How Predictive Analytics is Reshaping Enterprise Reporting

How Predictive Analytics is Reshaping Enterprise Reporting

Thanks to the abundance of IT service management (ITSM) tools – technology suites that enable many of the ITIL-espoused, ITSM best practice processes – corporate IT organizations have a wealth of ITSM data. It sounds great, but is it really? When I point to the differences between data, information, knowledge, and wisdom; the wealth of ITSM data isn’t as useful as it could be without additional “processing.”

Some might say that we are lost in a sea of ITSM data, uncertain of both where we are and how best to navigate to where we want, and need, to be. It doesn’t matter which way we look at the water, it’s the aquatic, and data, version of “snow blindness.” There’s so much data that it’s hard to see things clearly, or to use that data wisely.

The Quality of ITSM Reporting and Analytics is a Known Issue

An enterprise’s ability to use the data stored – although some would say “trapped” – inside ITSM tools is a continuing issue for enterprise IT teams. A great proof point is the Service Desk Institute (SDI) report: “Life on the Service Desk in 2016,” which highlights reporting and analytics as both a top frustration with, and top required innovation/improvement in, ITSM tools (via two separate survey questions).

In a third question, the “inability to easily produce metrics and reports” was voted as the thing that causes services desks the most pain.

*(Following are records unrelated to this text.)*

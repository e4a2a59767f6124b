-- ===== src/Sieve/Tests.antt =====
-- new_src/sieve_core.c on small windows.
use gap_miner_v.Prelude.{ℕ, ◌≡◌, refl, arith, false, some, [], ◌∷◌}
use gap_miner_v.Marks.{mark_from}
use gap_miner_v.Sieve.{
  SieveCore, SievePrime, init_window, prepare_base_mod_p, run_from_cached_base, run, run_impl,
  run_odd_only, mark_odd_slots, odd_slot, residue_of, sieve_fast_mod, counted, free_slots,
  extract_odd_candidates, primes_up_to,
}
use gap_miner_v.Sieve.FastMod.{sieve_fast_mod_lem}
use gap_miner_v.Sieve.Table.{primes_up_to_lem}
use gap_miner_v.Sieve.Window.{window_candidates}

abbrev entry : ℕ → ℕ → SievePrime
entry p inv_p = record { prime = p; inv_p = inv_p; base_mod_p = 0 }

abbrev ten : SieveCore
ten = record {
  interval_size = 10;
  bitmap_words = 1;
  candidate_capacity = 10;
  small_primes =
      entry 2 0
      ∷ entry 3 6148914691236517205
      ∷ entry 5 3689348814741910323
      ∷ entry 7 2635249153387078802
      ∷ [];
  prime_limit = 10;
  base_mod_p_valid = false;
}

-- Of the odd numbers from 1000 to 1009 only 1001 and 1005 have a factor 3, 5 or 7.
run_1000 : run ten 1000 ≡ some (3 ∷ 7 ∷ 9 ∷ [])
unfolding run run_impl run_odd_only mark_odd_slots odd_slot residue_of sieve_fast_mod
    extract_odd_candidates counted free_slots mark_from
run_1000 = refl

-- An odd base is taken for an even one: of 9 to 18 the run lists only 16.
run_9 : run ten 9 ≡ some (7 ∷ [])
unfolding run run_impl run_odd_only mark_odd_slots odd_slot residue_of sieve_fast_mod
    extract_odd_candidates counted free_slots mark_from
run_9 = refl

sieve_fast_mod_lem_example : sieve_fast_mod 1000 7 2635249153387078802 ≡ 6
sieve_fast_mod_lem_example = sieve_fast_mod_lem 1000 7 (omega arith) (omega arith)

primes_up_to_lem_example : primes_up_to 30 ≡ 2 ∷ 3 ∷ 5 ∷ 7 ∷ 11 ∷ 13 ∷ 17 ∷ 19 ∷ 23 ∷ 29 ∷ []
primes_up_to_lem_example = primes_up_to_lem 30 (omega arith) (omega arith)

window_candidates_example :
    (sc : SieveCore) × (init_window 30 7 ≡ some sc)
    × (run_from_cached_base (prepare_base_mod_p sc 1000) 20
        ≡ some (1 ∷ 7 ∷ 11 ∷ 13 ∷ 17 ∷ 19 ∷ 29 ∷ []))
window_candidates_example =
    window_candidates 30 7 1000 20 (omega arith) (omega arith) (omega arith) (omega arith)
      (omega arith) refl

With 53% of respondents pointing the finger at reporting and analytics, placing it ahead of other service desk pain points including: outdated ITSM tools, struggling with knowledge management and self-service, and budget constraints. Unfortunately for enterprise IT teams, it was also top when SDI produced its 2013 report.

Why Does Traditional ITSM Reporting and Analytics Hurt So Much?

Part of this pain relates to the core ITSM technology – that reporting and analytics is seen as an “add-on” to the ITSM-process enablement (incident management, say), and an add-on where “good enough” is probably sufficient to get through the request for proposal (RFP) and purchasing processes. The data is there but customers can’t use it in all the ways they would like to.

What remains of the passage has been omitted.